I have a few motorcycles, including a few street-legalish (they have plates at least) race bikes... My daily rider? That's a 12 yr old almost stock bike. I know it won't let me down.


----------



## aansorge (May 25, 2015)

If this one is available (gotta be an error), get it now!  http://catskills.craigslist.org/for/5027893174.html


----------



## ADK_XJ (May 30, 2015)

Quick update here; had a small engine guy take a look at the saw yesterday, he fired it up to start and then it cut out completely at idle.
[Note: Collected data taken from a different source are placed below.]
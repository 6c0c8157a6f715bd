-- ===== src/Event/Found.antt =====
-- Where a registration comes from that is found after an operation of src/event.c.
use nacl_proxy.Base.{
  ℕ, ◌≡◌, ◌≢◌, refl, sym, ap, ◌∙◌, ◌⊎◌, inl, inr, false, Option, none, some, ℤ, pos, negsuc, int_eq,
  int_eq_iff, minus_one, is_nonneg, if_both, Bool-cases, Option-cases, ◌==◌,
}
use nacl_proxy.Errors.{proxy_success, proxy_err}
use nacl_proxy.Event.{
  Mask, has_flags, Manager, get_idx_from_fd, max_events, event_add, event_modify, event_remove,
}
use nacl_proxy.Event.Invariant.{IsValid}
use nacl_proxy.Event.Lookup.{Entry, lookup, lookup_negsuc}
use nacl_proxy.Event.Registry.{
  view, add, modify, remove, event_add_refines, event_modify_refines, event_remove_refines,
}

module _ {C D : Type 0} (m : Manager C D) where
  -- a registration that is found stands at a descriptor
  pub found-ne_negsuc : (x : ℤ) (k : ℕ) (e : Entry C D) → lookup m x ≡ some e → x ≢ negsuc k
  found-ne_negsuc x k e found at = cc (lookup_negsuc m k)

  not_there : (x y : ℤ) (e : Entry C D) → lookup m x ≡ some e → lookup m y ≡ none → x ≢ y
  not_there x y e found missing same = cc

  differ : (x y : ℤ) → int_eq y x ≡ false → x ≢ y
  differ x y h same = cc ((int_eq_iff y x).1 (sym same))

-- `event_modify` succeeds or returns PROXY_ERR.
pub event_modify-codes :
    {C D : Type 0} (efd : ℤ) (events : Mask) (m : Manager C D)
    → ((event_modify efd events m).0 ≡ proxy_success) ⊎ ((event_modify efd events m).0 ≡ proxy_err)
unfolding event_modify
event_modify-codes {C} {D} efd events m =
    let P : ℤ × Manager C D → Type 0 = λ r. (r.0 ≡ proxy_success) ⊎ (r.0 ≡ proxy_err) in
    if_both P (is_nonneg efd) _ _
      (if_both P (has_flags events) _ _
        (if_both P (int_eq minus_one (get_idx_from_fd efd m)) _ _ (inr refl) (inl refl)) (inr refl))
      (inr refl)

abbrev relabel : {C D : Type 0} → Mask → Option (Entry C D) → Option (Entry C D)
relabel events none = none
relabel events (some (_, callback, p_data)) = some (events, callback, p_data)

module _ {C D : Type 0} (m : Manager C D) (v : IsValid m) where
  -- After `event_remove` a registration was there before, for another descriptor.
  pub event_remove-found :
      (efd x : ℤ) (e : Entry C D)
      → lookup (event_remove efd m).1 x ≡ some e
      → (lookup m x ≡ some e) × (x ≢ efd)
  event_remove-found efd x e found =
      go efd (sym (ap (λ r. r.1.binds x) (event_remove_refines m v efd)) ∙ found)
    where
      go : (efd : ℤ) → (remove efd (view m)).1.binds x ≡ some e → (lookup m x ≡ some e) × (x ≢ efd)
      go (negsuc k) found = (found, found-ne_negsuc m x k e found)
      go (pos n) found = elim (Option-cases (lookup m (pos n))) [
        | inl missing ↦
            let same : lookup m x ≡ some e = rw missing at found in
            (same, not_there m x (pos n) e same missing)
        | inr (e', there) ↦ elim (Bool-cases (int_eq (pos n) x)) [
          | inl here ↦ let none_left : none ≡ some e = rw (there, here) at found in absurd cc
          | inr away ↦ (rw (there, away) at found, differ m x (pos n) away)
        ]
      ]

  -- After `event_add` a registration was there before, or is the one that has been added.
  pub event_add-found :
      (efd : ℤ) (events : Mask) (p_data : Option D) (callback : C) (x : ℤ) (e : Entry C D)
      → lookup (event_add efd events p_data (some callback) m).1 x ≡ some e
      → (lookup m x ≡ some e)
        ⊎ ((event_add efd events p_data (some callback) m).0 ≡ proxy_success)
          × (x ≡ efd)
          × (e ≡ (events, some callback, p_data))
  event_add-found efd events p_data callback x e found =
      rw (ap (λ r. r.0) (event_add_refines m v efd events p_data (some callback))) (
        go efd (
          sym (ap (λ r. r.1.binds x) (event_add_refines m v efd events p_data (some callback)))
          ∙ found))
    where
      go :
          (efd : ℤ)
          → (add efd events p_data (some callback) (view m)).1.binds x ≡ some e
          → (lookup m x ≡ some e)
            ⊎ ((add efd events p_data (some callback) (view m)).0 ≡ proxy_success)
              × (x ≡ efd)
              × (e ≡ (events, some callback, p_data))
      go (negsuc k) found = inl found
      go (pos n) found = elim (Bool-cases (has_flags events)) [
        | inr no_flags ↦ inl (rw no_flags at found)
        | inl flags ↦ elim (Option-cases (lookup m (pos n))) [
          | inr (e', there) ↦ inl (rw (flags, there) at found)
          | inl missing ↦ elim (Bool-cases (max_events == m.num_events)) [
            | inl full ↦ inl (rw (flags, missing, full) at found)
            | inr room ↦ elim (Bool-cases (int_eq (pos n) x)) [
              | inr away ↦ inl (rw (flags, missing, room, away) at found)
              | inl here ↦
                  let new : some (events, some callback, p_data) ≡ some e =
                    rw (flags, missing, room, here) at found in
                  rw (flags, missing, room) (inr (refl, sym ((int_eq_iff (pos n) x).0 here), cc))
            ]
          ]
        ]
      ]

  -- After `event_modify` a registration was there before, but for its flags.
  pub event_modify-found :
      (efd : ℤ) (events : Mask) (x : ℤ) (events' : Mask) (callback : Option C) (p_data : Option D)
      → lookup (event_modify efd events m).1 x ≡ some (events', callback, p_data)
      → (before : Mask) × (lookup m x ≡ some (before, callback, p_data))
  event_modify-found efd events x events' callback p_data found =
      go efd (sym (ap (λ r. r.1.binds x) (event_modify_refines m v efd events)) ∙ found)
    where
      go :
          (efd : ℤ)
          → (modify efd events (view m)).1.binds x ≡ some (events', callback, p_data)
          → (before : Mask) × (lookup m x ≡ some (before, callback, p_data))
      go (negsuc k) found = (events', found)
      go (pos n) found = elim (Bool-cases (has_flags events)) [
        | inr no_flags ↦ (events', rw no_flags at found)
        | inl flags ↦ elim (Option-cases (lookup m (pos n))) [
          | inl missing ↦ (events', rw (flags, missing) at found)
          | inr ((before, callback', p_data'), there) ↦ elim (Bool-cases (int_eq (pos n) x)) [
            | inr away ↦ (events', rw (flags, there, away) at found)
            | inl here ↦
                let same : pos n ≡ x = (int_eq_iff (pos n) x).0 here in
                let new : some (events, callback', p_data') ≡ some (events', callback, p_data) =
                  rw (flags, there, here) at found in
                (before, ap (lookup m) (sym same) ∙ (there ∙ ap (relabel before) new))
          ]
        ]
      ]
Couldn't get it started again...he says he thinks it's the "coil" and was going to look into a replacement and get back to me. Sounds like a busy dude so I'm not sure when I'll hear back...
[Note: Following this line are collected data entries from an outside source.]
-- ===== src/Event/Full.antt =====
-- A full event table of src/event.c, where one registration gives way to two.
use nacl_proxy.Base.{
  ℕ, ◌-◌, ◌≡◌, ◌≢◌, refl, ap, ◌∙◌, true, false, none, some, pos, int_eq, if◌then◌else◌, if_both,
  arith,
}
use nacl_proxy.Errors.{proxy_success, proxy_max_events}
use nacl_proxy.Event.{Mask, has_flags, Manager, max_events, event_add, event_remove}
use nacl_proxy.Event.Invariant.{IsValid, event_add-IsValid, event_remove-IsValid}
use nacl_proxy.Event.Lookup.{Entry, lookup}
use nacl_proxy.Event.Registry.{Registry, view, seen, add, event_add_refines, event_remove_refines}

module _ {C D : Type 0} (m : Manager C D) (v : IsValid m) (n k : ℕ) (e : Entry C D)
    (there : lookup m (pos n) ≡ some e) (new : lookup m (pos k) ≡ none)
    (full : m.num_events ≡ max_events) where
  abbrev pub removed : Manager C D
  removed = (event_remove (pos n) m).1

  abbrev pub added : Mask → D → C → Manager C D
  added events p_data callback = (event_add (pos k) events (some p_data) (some callback) removed).1

  -- the registry after the removal
  abbrev without : Registry C D
  without = record {
    binds = λ x. if int_eq (pos n) x then none else lookup m x;
    size = max_events - 1;
  }

  removed_lem : view removed ≡ without
  removed_lem = ap (λ r. r.1) (event_remove_refines m v (pos n)) ∙ rw (there, full) refl

  removed-IsValid : IsValid removed
  removed-IsValid = event_remove-IsValid m v (pos n)

  -- the slot that is free again
  same_or_new : (if int_eq (pos n) (pos k) then none else lookup m (pos k)) ≡ none
  same_or_new = if_both (λ o. o ≡ none) (int_eq (pos n) (pos k)) none (lookup m (pos k)) refl new

  module _ (events : Mask) (p_data : D) (callback : C) (flags : has_flags events ≡ true) where
    added_refines :
        seen (event_add (pos k) events (some p_data) (some callback) removed)
        ≡ add (pos k) events (some p_data) (some callback) without
    added_refines =
        event_add_refines removed removed-IsValid (pos k) events (some p_data) (some callback)
        ∙ ap (add (pos k) events (some p_data) (some callback)) removed_lem

    -- A new descriptor takes the place of the one that has been removed.
    pub added-succeeds :
        (event_add (pos k) events (some p_data) (some callback) removed).0 ≡ proxy_success
    added-succeeds = ap (λ r. r.0) added_refines ∙ rw (flags, same_or_new) refl

    -- Then there is no room for the removed descriptor.
    pub added-fills :
        (events' : Mask) (p_data' : D) (callback' : C)
        → has_flags events' ≡ true
        → k ≢ n
        → (event_add
            (pos n)
            events'
            (some p_data')
            (some callback')
            (added events p_data callback)).0
          ≡ proxy_max_events
    added-fills events' p_data' callback' flags' other =
        let v2 : IsValid (added events p_data callback) =
          event_add-IsValid removed removed-IsValid (pos k) events (some p_data) (some callback) in
        let away : int_eq (pos k) (pos n) ≡ false = ground (arith, other) in
        let here : int_eq (pos n) (pos n) ≡ true = ground arith in
        ap (λ r. r.0)
          (event_add_refines (added events p_data callback) v2 (pos n) events' (some p_data')
            (some callback'))
        ∙ (ap (λ r. (add (pos n) events' (some p_data') (some callback') r.1).0) added_refines
            ∙ rw (flags, flags', same_or_new, away, here) refl)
At this point I'm 3 weekends without a fully functioning saw and I've run out of other landscaping projects to tackle...so, I've decided to take the 041AV up to the Stihl dealer that's a little further away but says they work on the older models all the time. I'm going to leave the old Farm Boss with them and buy a new Farm Boss (MS 271) while I'm there and just be done with this nonsense. If they fix the older one, great and I have a hoss of a cutter in backup - if not, oh well, I got MORE than my money out of it over this last cutting season.


----------



## CTYank (Jun 2, 2015)

ADK_XJ said:


> Quick update here; had a small engine guy take a look at the saw yesterday, he fired it up to start and then it cut out completely at idle. Couldn't get it started again...he says he thinks it's the "coil" and was going to look into a replacement and get back to me. Sounds like a busy dude so I'm not sure when I'll hear back...
> 
> At this point I'm 3 weekends without a fully functioning saw and I've run out of other landscaping projects to tackle...so, I've decided to take the 041AV up to the Stihl dealer that's a little further away but says they work on the older models all the time. I'm going to leave the old Farm Boss with them and buy a new Farm Boss (MS 271) while I'm there and just be done with this nonsense. If they fix the older one, great and I have a hoss of a cutter in backup - if not, oh well, I got MORE than my money out of it over this last cutting season.



Living where you do, I'd sure not tie myself to any Stihl entity, not when you have one of the best Dolmar dealers in the East, over east a few miles on NY 29 (The Cutting Edge, in Greenwich.) At all levels, seems Stihl folks don't like competition, especially on pricing. Not so with Dolmar.

Got my PS-6100 there from Steve for $550. Try one vs a Stihl 36X, then look at the price tag. No brainer, IMHO. Not to mention that service access on Dolmars is far better, as is access/pricing on parts. The 59 cc Echo (Shindaiwa design) for $400 is a good option. The 61 cc Dolmar is a high-tenor beast. IMO. With excellent A/V besides.


----------



## Ashful (Jun 2, 2015)

Service access on Dolmar is better than Stihl?


----------



## TreePointer (Jun 2, 2015)

Jon1270 said:


> Only in the sense that it has a plastic chassis and a clamshell engine.  Not the best reason to associate it with homeowners, I know, but that seems to be the convention on most forums.



In my experience, it's more than that.

Let's look at two contemporary saws:  MS-390 (64.1cc) vs MS-361 (59cc).  However, there's a lot more to it than a simple displacement measurement.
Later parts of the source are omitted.